→ YOUR ASSIGNMENT
Look below for the line containing "-- The logits"; from there through the line containing "argmax_last l = argmax", both lines included, please set down each line exactly and nothing else.
BEGIN
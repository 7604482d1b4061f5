-- ===== src/Sample.antt =====
-- crates/runtime/src/sample.rs: the sampler where the temperature is zero, and `argmax_last` of
-- crates/ggml/src/hidden.rs. Floating point is a parameter. Above that temperature the sampler draws at
-- random.
use intelnav.Base.{
  ℕ, ◌+◌, ◌-◌, ◌%◌, ◌≤◌, ◌<◌, ◌≡◌, sym, inl, inr, Bool, false, ◌&&◌, Option, none, some, List, [],
  ◌∷◌, arith, ltb, if◌then◌else◌, Bool-cases, length, get_elem?, set, drop,
}
use native.Mathlib.Nat.{mod-eq_of_lt}

pub record Scores : Type 1 where
  pub F : Type 0
  pub neg_infinity : F
  pub zero_f : F
  pub one_f : F
  pub gt : F → F → Bool
  pub ge : F → F → Bool
  pub div : F → F → F
  pub mul : F → F → F

module _ (s : Scores) where
  open s use {F, neg_infinity, zero_f, one_f, gt, ge, div, mul}

  -- The logits of one position: a score for each token of the vocabulary, which is not empty.
  pub record Logits : Type 0 where
    pub first : F
    pub more : List F

  abbrev pub scores_of : Logits → List F
  scores_of l = l.first ∷ l.more

  pub record SamplerCfg : Type 0 where
    pub repeat_penalty : F
    pub repeat_ctx : ℕ

  -- From token `i` on, with the best token before and its score.
  unfoldable pub argmax_from : ℕ → ℕ → F → List F → ℕ
  argmax_from i bi bv [] = bi
  argmax_from i bi bv (x ∷ xs) =
      let (b, v) = if gt x bv then (i, x) else (bi, bv) in argmax_from (i + 1) b v xs

  unfoldable pub argmax : List F → ℕ
  unfolding argmax_from
  argmax logits = argmax_from 0 0 neg_infinity logits

  -- The best token of the last row, by its place in that row.
  unfoldable pub argmax_last : Logits → ℕ
  unfolding argmax
  argmax_last l = argmax (scores_of l) % length (scores_of l)

  unfoldable pub penalise_token : F → List F → ℕ → List F
  penalise_token penalty logits tok = elim (get_elem? logits tok) [
    | none ↦ logits
    | some v ↦ set logits tok (if ge v zero_f then div v penalty else mul v penalty)
  ]

  -- One by one; a token that comes twice is penalised twice.
  unfoldable pub penalise_tokens : F → List ℕ → List F → List F
  unfolding penalise_token
  penalise_tokens penalty [] logits = logits
  penalise_tokens penalty (tok ∷ toks) logits =
      penalise_tokens penalty toks (penalise_token penalty logits tok)

  unfoldable pub apply_repeat_penalty : List F → List ℕ → ℕ → F → List F
  unfolding penalise_tokens
  apply_repeat_penalty logits ctx repeat_ctx penalty =
      penalise_tokens penalty (drop (length ctx - repeat_ctx) ctx) logits

  -- The scores that the sampler looks at.
  unfoldable pub view : List F → List ℕ → SamplerCfg → List F
  unfolding apply_repeat_penalty
  view logits ctx cfg =
      if gt cfg.repeat_penalty one_f && ltb 0 (length ctx)
      then apply_repeat_penalty logits ctx cfg.repeat_ctx cfg.repeat_penalty
      else logits

  -- Empty logits are an error.
  unfoldable pub sample : List F → List ℕ → SamplerCfg → Option ℕ
  unfolding view argmax
  sample [] ctx cfg = none
  sample (x ∷ xs) ctx cfg = some (argmax (view (x ∷ xs) ctx cfg))

  argmax_from-lt :
      (i bi n : ℕ) (bv : F) (xs : List F) → bi < n → i + length xs ≤ n → argmax_from i bi bv xs < n
  unfolding argmax_from
  argmax_from-lt i bi n bv [] h room = h
  argmax_from-lt i bi n bv (x ∷ xs) h room = elim (Bool-cases (gt x bv)) [
    | inl up ↦ rw (up, argmax_from) (argmax_from-lt (i + 1) i n x xs (omega arith) (omega arith))
    | inr down ↦ rw (down, argmax_from) (argmax_from-lt (i + 1) bi n bv xs h (omega arith))
  ]

  -- Where no penalty is set the sampler's choice is the last position's best token.
  pub argmax-unpenalised :
      (l : Logits) (ctx : List ℕ) (cfg : SamplerCfg)
      → gt cfg.repeat_penalty one_f ≡ false
      → argmax (view (scores_of l) ctx cfg) ≡ argmax_last l
  unfolding argmax_last argmax view
  argmax-unpenalised l ctx cfg off = rw off (
      sym (
        mod-eq_of_lt (
          argmax_from-lt 0 0 (length (scores_of l)) neg_infinity (scores_of l) (omega arith)
            (omega arith))))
END
→ PROBLEM SOLUTION
  -- The logits of one position: a score for each token of the vocabulary, which is not empty.
  pub record Logits : Type 0 where
    pub first : F
    pub more : List F

  abbrev pub scores_of : Logits → List F
  scores_of l = l.first ∷ l.more

  pub record SamplerCfg : Type 0 where
    pub repeat_penalty : F
    pub repeat_ctx : ℕ

  -- From token `i` on, with the best token before and its score.
  unfoldable pub argmax_from : ℕ → ℕ → F → List F → ℕ
  argmax_from i bi bv [] = bi
  argmax_from i bi bv (x ∷ xs) =
      let (b, v) = if gt x bv then (i, x) else (bi, bv) in argmax_from (i + 1) b v xs

  unfoldable pub argmax : List F → ℕ
  unfolding argmax_from
  argmax logits = argmax_from 0 0 neg_infinity logits

  -- The best token of the last row, by its place in that row.
  unfoldable pub argmax_last : Logits → ℕ
  unfolding argmax
  argmax_last l = argmax (scores_of l) % length (scores_of l)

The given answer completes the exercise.